For immunoprecipitations, ovaries from ~100 flies were homogenized with 10 strokes in a glass homogenizer (Duall; Kontes Glass Co.) with a Teflon pestle in lysis buffer (50 mM Hepes, pH 7.5, 150 mM NaCl, 5 mM EGTA, 0.5% Triton X-100, 10% glycerol supplemented with 1× complete protease inhibitor mix [Roche]). Protein concentrations were determined using the Bio-Rad Laboratories protein assay, and 2 mg of protein extract was incubated with ~2 µg anti–Myc 9E10 antibody (Roche) or 2 µg anti–Flag M2 (Sigma-Aldrich). Antibody–antigen complexes were precipitated on protein A/G agarose (Santa Cruz Biotechnology, Inc.), washed four times in lysis buffer, and eluted by boiling in SDS-PAGE loading buffer. SBP pull-downs of SBP-mCherry::KEL were performed as described for immunoprecipitations, except SBP-mCherry::KEL was precipitated with 30 µl streptavidin UltraLink resin (Thermo Fisher Scientific). Precipitated proteins were separated by SDS-PAGE and analyzed by Western blotting. Antibodies used for Western blots were: α–KEL 1B (Developmental Studies Hybridoma Bank; Xue and Cooley, 1993), 1:00 α–Myc 9E10 (Santa Cruz Biotechnology, Inc.), and 1:300 α–tubulin E7 (Developmental Studies Hybridoma Bank). Western blots were developed with the SuperSignal West Dura ECL kit (Thermo Fisher Scientific), and luminescence was captured either on a charge-coupled device (Alpha Innotech) or Hyperfilm ECL (GE Healthcare).
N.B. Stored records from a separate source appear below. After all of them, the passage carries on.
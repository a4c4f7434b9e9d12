-- ===== src/Reports/Block.antt =====
-- Report blocks written and read back, and the state of an SSRC from packet to packet
-- (discord/ext/native_voice/client.py).
use discord_native_voice.Prelude.{
  ℕ, ◌+◌, ◌-◌, ◌*◌, ◌/◌, ◌%◌, ◌^◌, ◌≤◌, ◌<◌, ◌≡◌, refl, ◌∙◌, min, true, false, Option, none, some,
  leb, bit_or, arith,
}
use discord_native_voice.Prelude.Int.{ℤ, pos, negsuc}
use discord_native_voice.Prelude.Bits.{bit_or_above, bit_or_comm}
use discord_native_voice.Prelude.Bytes.{from_be-be32}
use discord_native_voice.Reports.{
  encode_lost, decode_lost, fraction_of, since_sender_report, block_bytes, read_report,
}

-- A loss within the 24 bits that a report has for it.
abbrev pub clamp_lost : ℤ → ℤ
clamp_lost (pos n) = pos (min n 0x7FFFFF)
clamp_lost (negsuc n) = negsuc (min n 0x7FFFFF)

decode_lost-encode_lost : (z : ℤ) → decode_lost (encode_lost z % 0x1000000) ≡ clamp_lost z
unfolding decode_lost encode_lost
decode_lost-encode_lost (pos n) =
    let same : min n 0x7FFFFF % 0x1000000 ≡ min n 0x7FFFFF = omega arith in
    let low : leb 0x800000 (min n 0x7FFFFF) ≡ false = ground arith in rw (same, low) refl
decode_lost-encode_lost (negsuc n) =
    let same : (0x1000000 - min (n + 1) 0x800000) % 0x1000000 ≡ 0x1000000 - min (n + 1) 0x800000 =
      omega arith in
    let high : leb 0x800000 (0x1000000 - min (n + 1) 0x800000) ≡ true = ground arith in
    let back : 0x1000000 - (0x1000000 - min (n + 1) 0x800000) - 1 ≡ min n 0x7FFFFF = omega arith in
    rw (same, high, back) refl

loss_word : (f l : ℕ) → f < 256 → l < 0x1000000 → bit_or (f * 2 ^ 24) l ≡ l + f * 0x1000000
loss_word f l hf hl = bit_or_comm (f * 2 ^ 24) l ∙ bit_or_above 24 l f hl

-- What the reader makes of the words that were written.
pub read_report-block_bytes :
    (sender now ssrc fraction high jitter lsr delay : ℕ) (lost : ℤ)
    → fraction < 256
    → delay < 4294967296
    → read_report sender now (block_bytes ssrc fraction (encode_lost lost) high jitter lsr delay)
      ≡ record {
        sender_ssrc = sender;
        source_ssrc = ssrc % 4294967296;
        fraction_lost = fraction;
        cumulative_lost = clamp_lost lost;
        extended_high_sequence = high % 4294967296;
        jitter = jitter % 4294967296;
        last_sender_report = lsr % 4294967296;
        delay_since_last_sender_report = delay;
        received_at = now;
      }
unfolding read_report
read_report-block_bytes sender now ssrc fraction high jitter lsr delay lost hf hd =
    let l = encode_lost lost % 0x1000000 in
    let word = loss_word (fraction % 256) l (omega arith) (omega arith) in
    let read = from_be-be32 (bit_or (fraction % 256 * 2 ^ 24) l) (omega (arith, word)) ∙ word in
    let top : (l + fraction % 256 * 0x1000000) / 2 ^ 24 % 256 ≡ fraction = omega arith in
    let low : (l + fraction % 256 * 0x1000000) % 0x1000000 ≡ l = omega arith in
    rw
      (
        read,
        top,
        low,
        decode_lost-encode_lost lost,
        from_be-be32 (ssrc % 4294967296) (omega arith),
        from_be-be32 (high % 4294967296) (omega arith),
        from_be-be32 (jitter % 4294967296) (omega arith),
        from_be-be32 (lsr % 4294967296) (omega arith),
        from_be-be32 delay hd,
      )
      refl

pub fraction_of-le : (e l : ℤ) → fraction_of e l ≤ 255
unfolding fraction_of
fraction_of-le e l = ground arith

pub delay-lt : (report : Option (ℕ × ℕ)) (now : ℕ) → (since_sender_report report now).1 < 4294967296
unfolding since_sender_report
delay-lt none now = omega arith
delay-lt (some (lsr, at)) now = omega arith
Ovaries were dissected in ionically matched adult Drosophila saline buffer (Singleton and Woodruff, 1994) and fixed in 6% heptane-saturated formaldehyde, followed by washing and incubations in PBS supplemented with 0.3% Triton X-100 and 0.5% BSA. Primary antibodies and dilutions used were: 1:1 mouse monoclonal α–KEL 1B (Xue and Cooley, 1993), 1:500 rat polyclonal α-NFLN (N-terminal filamin antigen; Sokol and Cooley, 2003), and 1:5 mouse monoclonal α–HtsRC 7C (Robinson et al., 1994). Fluorescent labels used were Alexa Fluor 488, 568, or 633 conjugated to phalloidin, goat anti–mouse IgG, or goat anti–rat IgG (Invitrogen). Samples were viewed on either a confocal microscope (LSM 510; Carl Zeiss, Inc.) or an inverted microscope (Axiovert 200; Carl Zeiss, Inc.) equipped with a confocal imaging system (CARV II; BD) and a camera (CoolSNAP HQ2; Photometrics). One of three Carl Zeiss, Inc. objectives was used: 25× NA 0.8 Neofluar or 40× or 63× NA 1.2 W C-Apochromat. Images were edited using IPLab/iVision (BD), ImageJ (National Institutes of Health), LSM software (Carl Zeiss, Inc.), and/or Photoshop CS4 (Adobe). In some cases, a despeckle filter was uniformly applied to images to reduce nonbiological noise. Figures were assembled with Illustrator CS2 (Adobe).
We are grateful to Jim Skeath for providing reagents and to members of the Cooley laboratory for comments on the manuscript. We received cDNA and Gateway vectors from the Drosophila Genomics Resource Center, and monoclonal antibodies were obtained from the Developmental Studies Hybridoma Bank developed under the auspices of the National Institute of Child Health and Human Development and maintained by the University of Iowa.
This work was supported by National Institutes of Health grant GM052702 to L. Cooley.